◆ **WHAT THIS TASK INVOLVES**: Select every line containing the word "then" from the material, and copy those lines.

◆ **SUPPLIED MATERIAL**:
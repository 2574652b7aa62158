-- ===== src/Measurement/Integrity.antt =====
-- src/kegpulse/domain/pulse_integrity.py: readings that are well formed and physically possible.
use keg_pulse.Base.{
  ℕ, ◌+◌, ◌-◌, ◌*◌, ◌/◌, ◌%◌, ◌^◌, Bool, ◌&&◌, Option, none, some, [], ◌∷◌, ltb, leb, if◌then◌else◌,
  min, length, ℤ, pos, negsuc,
}
use keg_pulse.Base.Text.{Text, codes, ◌=t◌}
use keg_pulse.Base.Try.{Try, ok, err, ◌>>=◌, ◌>>◌, require}
use keg_pulse.Protocol.Bytes.{all, is_digit, is_value_char}
use keg_pulse.Protocol.Frames.{Fields}
use keg_pulse.Measurement.Numbers.{decimal}

abbrev pub uint32_max : ℕ
uint32_max = 0xFFFFFFFF

abbrev pub uint64_max : ℕ
uint64_max = 0xFFFFFFFFFFFFFFFF

abbrev pub sqlite_integer_max : ℕ
sqlite_integer_max = 0x7FFFFFFFFFFFFFFF

abbrev pub max_plausible_pulse_rate_hz : ℕ
max_plausible_pulse_rate_hz = 10000

abbrev pub pulse_burst_allowance : ℕ
pulse_burst_allowance = 100000

abbrev pub max_plausible_boot_pulses : ℕ
max_plausible_boot_pulses = 1000000000

-- The reasons of a MeasurementRejectedError
pub data Rejection : Type 0 where
  not_unsigned out_of_wire_range timing_out_of_range negative_count exceeds_storage exceeds_rate
        time_out_of_range duration_ambiguous missing_fields malformed_fault
        recovery_exceeds_accepted session_exceeds_lifetime :
      Rejection

abbrev pub Checked {ℓ} : Type ℓ → Type ℓ
Checked A = Try Rejection A

-- `fields.get(key)`
unfoldable pub field : Text → Fields → Option Text
unfolding ◌=t◌
field key [] = none
field key ((k, v) ∷ fields) = if key =t k then some v else field key fields

-- `fields[key]`, where the key must be there
unfoldable pub need {ε} : {E : Type ε} → E → Text → Fields → Try E Text
unfolding field
need e key fields = elim (field key fields) [ none ↦ err e | some v ↦ ok v ]

-- `_unsigned`
unfoldable pub unsigned : Text → ℕ → Checked ℕ
unfolding all is_digit
unsigned text maximum = do
  require (leb 1 (length text) && all is_digit text) Rejection.not_unsigned
  require (leb (decimal text) maximum) Rejection.out_of_wire_range
  ok (decimal text)

-- `pulse_limit_for_elapsed`
unfoldable pub pulse_limit_for_elapsed : ℤ → Checked ℕ
pulse_limit_for_elapsed (negsuc n) = err Rejection.timing_out_of_range
pulse_limit_for_elapsed (pos elapsed_ms) = do
  require (leb elapsed_ms uint32_max) Rejection.timing_out_of_range
  ok (
      min (pulse_burst_allowance + (elapsed_ms * max_plausible_pulse_rate_hz) / 1000)
        max_plausible_boot_pulses)

-- `ensure_plausible_pulse_count`
unfoldable pub ensure_plausible_pulse_count : ℤ → ℤ → Checked (Unit {0})
unfolding pulse_limit_for_elapsed
ensure_plausible_pulse_count (negsuc n) elapsed_ms = err Rejection.negative_count
ensure_plausible_pulse_count (pos count) elapsed_ms = do
  require (leb count sqlite_integer_max) Rejection.exceeds_storage
  limit ← pulse_limit_for_elapsed elapsed_ms
  require (leb count limit) Rejection.exceeds_rate

-- `elapsed_u32`: the difference of two readings of a 32-bit clock
unfoldable pub elapsed_u32 : ℤ → ℤ → Checked ℕ
elapsed_u32 (negsuc s) ended_ms = err Rejection.time_out_of_range
elapsed_u32 (pos s) (negsuc e) = err Rejection.time_out_of_range
elapsed_u32 (pos started_ms) (pos ended_ms) = do
  require (leb started_ms uint32_max && leb ended_ms uint32_max) Rejection.time_out_of_range
  let elapsed = (ended_ms + 2 ^ 32 - started_ms) % 2 ^ 32
  require (ltb elapsed 0x80000000) Rejection.duration_ambiguous
  ok elapsed

-- `class CounterSnapshot`
pub record CounterSnapshot : Type 0 where
  pub accepted_pulses : ℕ
  pub recovery_pulses : ℕ
  pub rejected_edges : ℕ
  pub noise_gate_us : ℕ
  pub fault : Text

-- `class StatusPulseSnapshot`
pub record StatusPulseSnapshot : Type 0 where
  pub session_pulses : ℕ
  pub lifetime_pulses : ℕ
  pub uptime_ms : ℕ

-- `_FAULT_TOKEN.fullmatch(text)`
unfoldable pub is_fault_token : Text → Bool
unfolding all is_value_char
is_fault_token t = leb 1 (length t) && leb (length t) 64 && all is_value_char t

-- `parse_counter_snapshot`; each `need` stands for the test of the required keys, which comes first.
unfoldable pub parse_counter_snapshot : Fields → ℤ → Checked CounterSnapshot
parse_counter_snapshot fields uptime_ms = do
  accepted_text ← need Rejection.missing_fields (codes "accepted") fields
  recovery_text ← need Rejection.missing_fields (codes "recovery") fields
  rejected_text ← need Rejection.missing_fields (codes "rejected") fields
  noise_text ← need Rejection.missing_fields (codes "noise_gate_us") fields
  fault ← need Rejection.missing_fields (codes "fault") fields
  accepted ← unsigned accepted_text uint64_max
  recovery ← unsigned recovery_text uint64_max
  rejected ← unsigned rejected_text uint32_max
  noise_gate ← unsigned noise_text uint32_max
  require (is_fault_token fault) Rejection.malformed_fault
  require (leb recovery accepted) Rejection.recovery_exceeds_accepted
  ensure_plausible_pulse_count (pos accepted) uptime_ms
  ok (record {
    accepted_pulses = accepted;
    recovery_pulses = recovery;
    rejected_edges = rejected;
    noise_gate_us = noise_gate;
    fault = fault;
  })

-- `parse_status_pulse_snapshot`
unfoldable pub parse_status_pulse_snapshot : Fields → Checked StatusPulseSnapshot
parse_status_pulse_snapshot fields = do
  session_text ← need Rejection.missing_fields (codes "pulses") fields
  lifetime_text ← need Rejection.missing_fields (codes "lifetime") fields
  uptime_text ← need Rejection.missing_fields (codes "uptime") fields
  session ← unsigned session_text uint64_max
  lifetime ← unsigned lifetime_text uint64_max
  uptime ← unsigned uptime_text uint32_max
  require (leb session lifetime) Rejection.session_exceeds_lifetime
  ensure_plausible_pulse_count (pos lifetime) (pos uptime)
  ok (record { session_pulses = session; lifetime_pulses = lifetime; uptime_ms = uptime })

◆ **OUTPUT OF THE TASK**:
  ℕ, ◌+◌, ◌-◌, ◌*◌, ◌/◌, ◌%◌, ◌^◌, Bool, ◌&&◌, Option, none, some, [], ◌∷◌, ltb, leb, if◌then◌else◌,
field key ((k, v) ∷ fields) = if key =t k then some v else field key fields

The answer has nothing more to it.